BEGIN

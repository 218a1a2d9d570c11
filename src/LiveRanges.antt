-- ===== src/LiveRanges.antt =====
-- src/liveness-analysis.cpp, `buildLiveRanges`: for each register the intervals of offsets between
-- a write and the last use before the next write.
-- `std::unordered_map` is an association list; nothing proved depends on its order.
pub mod Chain
mod Examples
use jerryscript_optimizer.Prelude.{
  ℕ, zero, suc, ◌+◌, Bool, true, false, Option, none, some, List, [], ◌∷◌, ◌++◌, ◌==◌,
  if◌then◌else◌,
}
use jerryscript_optimizer.Inst.{Ins, InstFlags, has_flag}

pub record LiveInterval : Type 0 where
  pub start : ℕ
  pub end : ℕ

abbrev pub Ranges : Type 0
Ranges = List (ℕ × List LiveInterval)

pub find : Ranges → ℕ → Option (List LiveInterval)
find [] r = none
find ((q, li) ∷ m) r = if r == q then some li else find m r

-- `insert` of a key that `find` did not see, and writing through the iterator that it returned.
pub store : Ranges → ℕ → List LiveInterval → Ranges
store [] r v = (r, v) ∷ []
store ((q, li) ∷ m) r v = if r == q then (q, v) ∷ m else (q, li) ∷ store m r v

-- `back()->setEnd(offset)`. The list is never empty: see `Chain`.
pub set_end_last : List LiveInterval → ℕ → List LiveInterval
set_end_last [] e = []
set_end_last (i ∷ []) e = record i { end = e } ∷ []
set_end_last (i ∷ j ∷ is) e = i ∷ set_end_last (j ∷ is) e

abbrev pub new_interval : ℕ → ℕ → LiveInterval
new_interval s e = record { start = s; end = e }

pub write_range : Ranges → ℕ → ℕ → Ranges
write_range m r offset = elim (find m r) [
  | none ↦ store m r (new_interval offset 0 ∷ [])
  | some li ↦ store m r (set_end_last li offset ++ (new_interval offset 0 ∷ []))
]

-- A register that is read before any write is live from the start of the block.
pub read_range : ℕ → ℕ → Ranges → ℕ → Ranges
read_range bb_start offset m r = elim (find m r) [
  | none ↦ store m r (new_interval bb_start offset ∷ [])
  | some li ↦ store m r (set_end_last li offset)
]

pub read_ranges : ℕ → ℕ → Ranges → List ℕ → Ranges
read_ranges bb_start offset m [] = m
read_ranges bb_start offset m (r ∷ regs) =
    read_ranges bb_start offset (read_range bb_start offset m r) regs

-- The loop body. A write ends it with `continue`.
pub range_step : ℕ → Ranges → Ins → Ranges
range_step bb_start m ins =
    if has_flag ins InstFlags.write_reg
    then write_range m ins.write_reg ins.offset
    else if has_flag ins InstFlags.read_reg
    then read_ranges bb_start ins.offset m ins.read_regs
    else m

pub range_block : ℕ → Ranges → List Ins → Ranges
range_block bb_start m [] = m
range_block bb_start m (i ∷ insns) = range_block bb_start (range_step bb_start m i) insns

-- `bb->insns()[0]->offset()`; a block with no instruction reads nothing.
abbrev pub block_start : List Ins → ℕ
block_start [] = 0
block_start (i ∷ insns) = i.offset

range_blocks : Ranges → List (List Ins) → Ranges
range_blocks m [] = m
range_blocks m (bb ∷ bbs) = range_blocks (range_block (block_start bb) m bb) bbs

-- The arguments, 0 up to `argument_end`, are live from offset 0. `insert` keeps a present key.
argument_ranges : ℕ → Ranges → Ranges
argument_ranges zero m = m
argument_ranges (suc i) m =
    let rest = argument_ranges i m in
    elim (find rest i) [ none ↦ store rest i (new_interval 0 0 ∷ []) | some li ↦ rest ]

-- The blocks as lists of their instructions.
pub build_live_ranges : ℕ → Ranges → List (List Ins) → Ranges
build_live_ranges argument_end m bbs = range_blocks (argument_ranges argument_end m) bbs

END

PROBLEM DETAILS
Give back the opening line of the records above and every line after it, up to and including the one with "-- a write and", unchanged.

RESULT FOR THIS EXERCISE
repository 218a1a2d9d570c11
filename src/LiveRanges.antt
-- ===== src/LiveRanges.antt =====
-- src/liveness-analysis.cpp, `buildLiveRanges`: for each register the intervals of offsets between
-- a write and the last use before the next write.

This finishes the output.